La guerre en Ukraine met à mal de nombreux systèmes financiers
La guerre en Ukraine et les sanctions économiques infligées à la Russie par divers pays ont braqué les projecteurs sur le système financier mondial. (iStock)
Le matin du 24 février, Vladimir Poutine, dans une conférence de presse, annonce le lancement d’une « opération militaire spéciale » en Ukraine pour, dit-il, dénazifier le pays. Quelques instants plus tard, des missiles et des roquettes s’abattent sur Kyiv, la capitale, et marquent le début officiel de ce qui deviendra le pire assaut contre un pays européen depuis la Seconde Guerre mondiale. Presque immédiatement, des États se portent à la défense de l’Ukraine, mais sans utiliser des bombes ni des fusils. Leur arme de choix? Le système financier mondial.

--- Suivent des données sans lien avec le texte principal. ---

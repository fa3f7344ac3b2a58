-- ===== src/Cleaner/Bag/Tests.antt =====
-- Two orders of one index.
use langolier_bot.Base.{[], ◌∷◌, ◌≡◌}
use langolier_bot.Base.Int.{pos, negsuc}
use langolier_bot.Chatcfg.Store.{Store}
use langolier_bot.Cleaner.State.{Index}
use langolier_bot.Cleaner.Sweep.{collect}
use langolier_bot.Cleaner.Bag.{fate, held, asked, asked-collect}
use mathlib.Core.Quot.{sound}
use mathlib.Core.List.Perm
use mathlib.Mathlib.Data.Multiset.Filter

-- An hour for one chat, and none for the other.
abbrev store : Store
store = record {
  bucket = [];
  cache = (negsuc 41, record { ttl_minutes = pos 60; patterns = [] }) ∷ [];
}

abbrev index : Index
index = (negsuc 41, (12, 1000000000) ∷ (14, 6000000000) ∷ []) ∷ (negsuc 8, (12, 5) ∷ []) ∷ []

abbrev other : Index
other = (negsuc 41, (14, 6000000000) ∷ (12, 1000000000) ∷ []) ∷ (negsuc 8, (12, 5) ∷ []) ∷ []

same_messages : held index ≡ held other
same_messages = sound (Perm.swap _ _ _)

asked-collect_example :
    (asked (collect store 3605000000000 index)
      ≡ Filter.filter_map (fate store 3605000000000) (held index))
    × (asked (collect store 3605000000000 index) ≡ asked (collect store 3605000000000 other))
asked-collect_example = asked-collect store 3605000000000 index other same_messages
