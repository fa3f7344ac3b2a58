-- ===== src/Cleaner/Counting.antt =====
-- internal/cleaner/cleaner.go: the deletion counters and the reports agree, and no report has more
-- than `purge_link_limit` links.
use langolier_bot.Base.{
  ℕ, zero, suc, ◌+◌, ◌≤◌, Bool, true, false, Option, none, some, List, [], ◌∷◌, ◌++◌, ◌≡◌, refl,
  ◌&&◌, not, nat_eq, nat_beq, if◌then◌else◌, ◌==◌, contains, arith, Bool-cases, Option-cases, inl,
  inr, length, length-append, keep, leb, ltb,
}
use langolier_bot.Base.Int.{ℤ, pos, int_eq, int_beq_iff, leb_ℤ}
use langolier_bot.Base.Maps.{Map, insert, lookup-insert}
use langolier_bot.Base.Text.{Text, is_empty}
use langolier_bot.Chatcfg.Config.{ttl}
use langolier_bot.Chatcfg.Store.{Store, get}
use langolier_bot.Tgclient.Group.{Group}
use langolier_bot.Base.Calls.{Visit, Answer, got, failed}
use langolier_bot.Cleaner.Env.{Tg, Host}
use langolier_bot.Cleaner.State.{Cleaner, index_message, mark_active}
use langolier_bot.Cleaner.Sweep.{
  Report, purge_link_limit, add_links, settle, delete_ids, delete_found, count_of, sort_ints,
  due_ids,
}
use langolier_bot.Cleaner.Drain.{
  merge_links, merge_report, index_all, drain_pass, after_delete, after_wait, after_scan,
  after_scanning, drain_group, drain_loop, max_drain_passes, drain_chat, Pass, stop, again,
  no_report, resolve_group,
}

count_of-insert :
    (m : Map ℤ ℕ) (marked j : ℤ) (n : ℕ)
    → count_of (insert marked n m) j ≡ (if marked == j then n else count_of m j)
unfolding count_of
count_of-insert m marked j n = ground (arith, lookup-insert marked j n m)

module _ {W : Type 0} (tg : Tg W) where
  length-add_links :
      (g : Group) (ids : List ℕ) (links : List Text)
      → length links ≤ purge_link_limit
      → length (add_links tg g ids links) ≤ purge_link_limit
  unfolding add_links
  length-add_links g [] links h = h
  length-add_links g (id ∷ ids) links h = ground (
    arith,
    length-append links (tg.message_link g id ∷ []),
    length-add_links g ids
        (if is_empty (tg.message_link g id) then links else links ++ tg.message_link g id ∷ []),
  )

length-merge_links :
    (links more : List Text)
    → length links ≤ purge_link_limit
    → length (merge_links links more) ≤ purge_link_limit
unfolding merge_links
length-merge_links links [] h = h
length-merge_links links (l ∷ more) h =
    ground (arith, length-append links (l ∷ []), length-merge_links (links ++ l ∷ []) more)

-- `c` counts what `c₀` counts, and `n` more messages in the chat `marked`.
abbrev pub Counts : ℤ → Cleaner → ℕ → Cleaner → Type 0
Counts marked c₀ n c =
    (j : ℤ)
    → count_of c.deleted j
      ≡ (if marked == j then count_of c₀.deleted j + n else count_of c₀.deleted j)

-- What a report says of the states before and after.
abbrev pub Reports : ℤ → Cleaner → Report → Cleaner → Type 0
Reports marked c₀ rep c = Counts marked c₀ rep.deleted c × (length rep.links ≤ purge_link_limit)

module _ {W : Type 0} (tg : Tg W) where
  delete_found-Reports :
      (found : Option Group) (marked : ℤ) (ids : List ℕ) (c : Cleaner) (w : W)
      → let r = delete_found tg found marked ids c w in Reports marked c r.0 r.1
  unfolding settle
  delete_found-Reports none marked ids c w = (λ j. ground arith, omega arith)
  delete_found-Reports (some g) marked [] c w = (λ j. ground arith, omega arith)
  delete_found-Reports (some g) marked (id ∷ ids) c w =
      let bad = (tg.delete g (id ∷ ids) w).0.0 in
      let good = keep (λ (x : ℕ). not (contains bad x)) (id ∷ ids) in
      (
        λ j. ground (
          arith,
          count_of-insert c.deleted marked j (count_of c.deleted marked + length good),
          int_beq_iff marked j,
        ),
        length-add_links tg g (sort_ints bad) [] (omega arith),
      )

  -- deleteIDs adds to the counter of its chat, and to no other, what its report says was deleted.
  pub delete_ids-Reports :
      (marked : ℤ) (ids : List ℕ) (c : Cleaner) (w : W)
      → let r = delete_ids tg marked ids c w in Reports marked c r.0 r.1
  unfolding delete_ids
  delete_ids-Reports marked ids c w = delete_found-Reports (tg.group w marked) marked ids c w

merge-Reports :
    (marked : ℤ) (c₀ c c' : Cleaner) (rep pr : Report)
    → Reports marked c₀ rep c
    → Reports marked c pr c'
    → Reports marked c₀ (merge_report rep pr) c'
unfolding merge_report
merge-Reports marked c₀ c c' rep pr h k =
    (λ j. ground (arith, h.0 j, k.0 j), length-merge_links rep.links pr.links h.1)

index_all-deleted :
    (marked : ℤ) (visits : List Visit) (c : Cleaner)
    → (index_all marked visits c).deleted ≡ c.deleted
unfolding index_all index_message
index_all-deleted marked [] c = refl
index_all-deleted marked ((id, date) ∷ visits) c =
    index_all-deleted marked visits (index_message marked id date c)

index_all-Reports :
    (marked : ℤ) (visits : List Visit) (c₀ c : Cleaner) (rep : Report)
    → Reports marked c₀ rep c
    → Reports marked c₀ rep (index_all marked visits c)
index_all-Reports marked visits c₀ c rep h = (λ j. rw index_all-deleted (h.0 j), h.1)

-- The state and report in which a pass ends.
abbrev PassReports : {W : Type 0} → ℤ → Cleaner → Pass W → Type 0
PassReports marked c₀ (stop rep err c w) = Reports marked c₀ rep c
PassReports marked c₀ (again rep oldest c w) = Reports marked c₀ rep c

module _ {W : Type 0} (marked : ℤ) (c₀ : Cleaner) where
  PassReports-if :
      (b : Bool) (p q : Pass W)
      → PassReports marked c₀ p
      → PassReports marked c₀ q
      → PassReports marked c₀ (if b then p else q)
  PassReports-if true p q hp hq = hp
  PassReports-if false p q hp hq = hq

module _ {W : Type 0} (tg : Tg W) (host : Host W) (marked : ℤ) (c₀ : Cleaner) where
  after_wait-Reports :
      (rep : Report) (oldest : ℕ) (c : Cleaner) (r : Option Text × W)
      → Reports marked c₀ rep c
      → PassReports marked c₀ (after_wait tg host rep oldest c r)
  after_wait-Reports rep oldest c (some e, w) h = h
  after_wait-Reports rep oldest c (none, w) h = h

  after_delete-Reports :
      (prev oldest : ℕ) (rep : Report) (c : Cleaner) (r : Report × Cleaner × W)
      → Reports marked c₀ rep c
      → Reports marked c r.0 r.1
      → PassReports marked c₀ (after_delete tg host prev oldest rep r)
  after_delete-Reports prev oldest rep c (pr, c', w) h k =
      let m = merge-Reports marked c₀ c c' rep pr h k in
      PassReports-if marked c₀ (nat_beq pr.deleted 0) _ _ m (
        PassReports-if marked c₀ (not (nat_beq prev 0) && leb prev oldest) _ _ m (
          PassReports-if marked c₀ (ltb 0 c'.drain_pause) _ _
            (after_wait-Reports (merge_report rep pr) oldest c' (host.wait c'.drain_pause w) m) m))

  after_scan-Reports :
      (prev oldest : ℕ) (rep : Report) (expired : List ℕ) (c : Cleaner) (w : W)
      → Reports marked c₀ rep c
      → PassReports marked c₀ (after_scan tg host marked prev oldest rep expired c w)
  after_scan-Reports prev oldest rep [] c w h = h
  after_scan-Reports prev oldest rep (id ∷ expired) c w h =
      after_delete-Reports prev oldest rep c (delete_ids tg marked (id ∷ expired) c w) h
        (delete_ids-Reports tg marked (id ∷ expired) c w)

  after_scanning-Reports :
      (t : ℤ) (now prev : ℕ) (rep : Report) (c : Cleaner) (r : (List Visit × Option Text) × W)
      → Reports marked c₀ rep c
      → PassReports marked c₀ (after_scanning tg host marked t now prev rep c r)
  after_scanning-Reports t now prev rep c ((visits, some e), w) h =
      index_all-Reports marked visits c₀ c rep h
  after_scanning-Reports t now prev rep c ((visits, none), w) h =
      after_scan-Reports prev _ rep (due_ids t now visits) _ w
        (index_all-Reports marked visits c₀ c rep h)

  drain_pass-Reports :
      (g : Group) (t : ℤ) (prev : ℕ) (rep : Report) (c : Cleaner) (w : W)
      → Reports marked c₀ rep c
      → PassReports marked c₀ (drain_pass tg host g marked t prev rep c w)
  unfolding drain_pass
  drain_pass-Reports g t prev rep c w h = elim (Option-cases (host.ctx_err w)) [
    | inl e ↦
        rw (e, drain_pass) (after_scanning-Reports t (host.now w) prev rep c (tg.scan_own g w) h)
    | inr (x, e) ↦ rw (e, drain_pass) h
  ]

  abbrev LoopReports : (Report × Option Text) × Cleaner × W → Type 0
  LoopReports r = Reports marked c₀ r.0.0 r.1

  drain_loop-Reports :
      (left : ℕ) (g : Group) (t : ℤ) (prev : ℕ) (rep : Report) (c : Cleaner) (w : W)
      → Reports marked c₀ rep c
      → LoopReports (drain_loop tg host left g marked t prev rep c w)
  unfolding drain_loop
  drain_loop-Reports zero g t prev rep c w h = h
  drain_loop-Reports (suc left) g t prev rep c w h =
      next (drain_pass tg host g marked t prev rep c w) (drain_pass-Reports g t prev rep c w h)
        (λ oldest rep' c' w' k. drain_loop-Reports left g t oldest rep' c' w' k)
    where
      next :
          (p : Pass W)
          → PassReports marked c₀ p
          → ((oldest : ℕ) (rep' : Report) (c' : Cleaner) (w' : W)
              → Reports marked c₀ rep' c'
              → LoopReports (drain_loop tg host left g marked t oldest rep' c' w'))
          → LoopReports (elim p [
            | stop rep' err c' w' ↦ ((rep', err), c', w')
            | again rep' oldest c' w' ↦ drain_loop tg host left g marked t oldest rep' c' w'
          ])
      next (stop rep' err c' w') k rec = k
      next (again rep' oldest c' w') k rec = rec oldest rep' c' w' k

  drain_group-Reports :
      (cfg : Store) (found : Answer Group × W) (c : Cleaner)
      → Reports marked c₀ no_report c
      → LoopReports (drain_group tg host cfg marked found c)
  drain_group-Reports cfg (failed e, w) c h = h
  drain_group-Reports cfg (got g, w) c h =
      elim (Bool-cases (leb_ℤ (ttl (get cfg marked)) (pos 0))) [
        | inl e ↦ rw e h
        | inr e ↦ rw e (
            drain_loop-Reports max_drain_passes g _ 0 _ (mark_active marked c) w
              (unfold mark_active in h))
      ]

-- However a drain of a chat ends, with an error at any point or without, its report counts exactly
-- the messages by which the chat's counter of deletions has grown, no other chat's counter has
-- changed, and the report has at most ten links.
pub drain_chat-Reports :
    {W : Type 0} (tg : Tg W) (host : Host W) (cfg : Store) (marked : ℤ) (c : Cleaner) (w : W)
    → let r = drain_chat tg host cfg marked c w in Reports marked c r.0.0 r.1
unfolding drain_chat
drain_chat-Reports tg host cfg marked c w =
    drain_group-Reports tg host marked c cfg (resolve_group tg host marked w) c
      (λ j. ground arith, omega arith)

Ce jour-là, dans une « action sans précédent », les États-Unis bloquent l’accès au système financier américain à deux des plus grandes institutions bancaires russes, Sberbank et VTB, qui ne peuvent plus, dès lors, s’en servir pour faire des paiements. À elles seules, ces deux banques réalisent des opérations de change de plusieurs milliards de dollars à l’échelle mondiale, dont 80 % en billets verts. Cette exclusion rend pratiquement impossible pour les sociétés russes de faire des affaires avec des entreprises américaines.
Deux jours plus tard, plusieurs pays emboîtent le pas et portent un coup encore plus dévastateur à l’économie russe, aux dires de nombreux observateurs. La Society for Worldwide Interbank Financial Telecommunication (SWIFT), un service employé par 11 000 banques dans 200 pays pour faire des virements, boute plusieurs établissements financiers russes hors de son réseau. Instantanément, il devient très difficile pour une entreprise, un oligarque ou un citoyen russe de transférer de l’argent vers et depuis d’autres pays. Poutine ne commente pas la suspension, mais lors de l’annexion de la Crimée par la Russie, en 2014, il avait dit qu’il considérerait une telle mesure comme une déclaration de guerre.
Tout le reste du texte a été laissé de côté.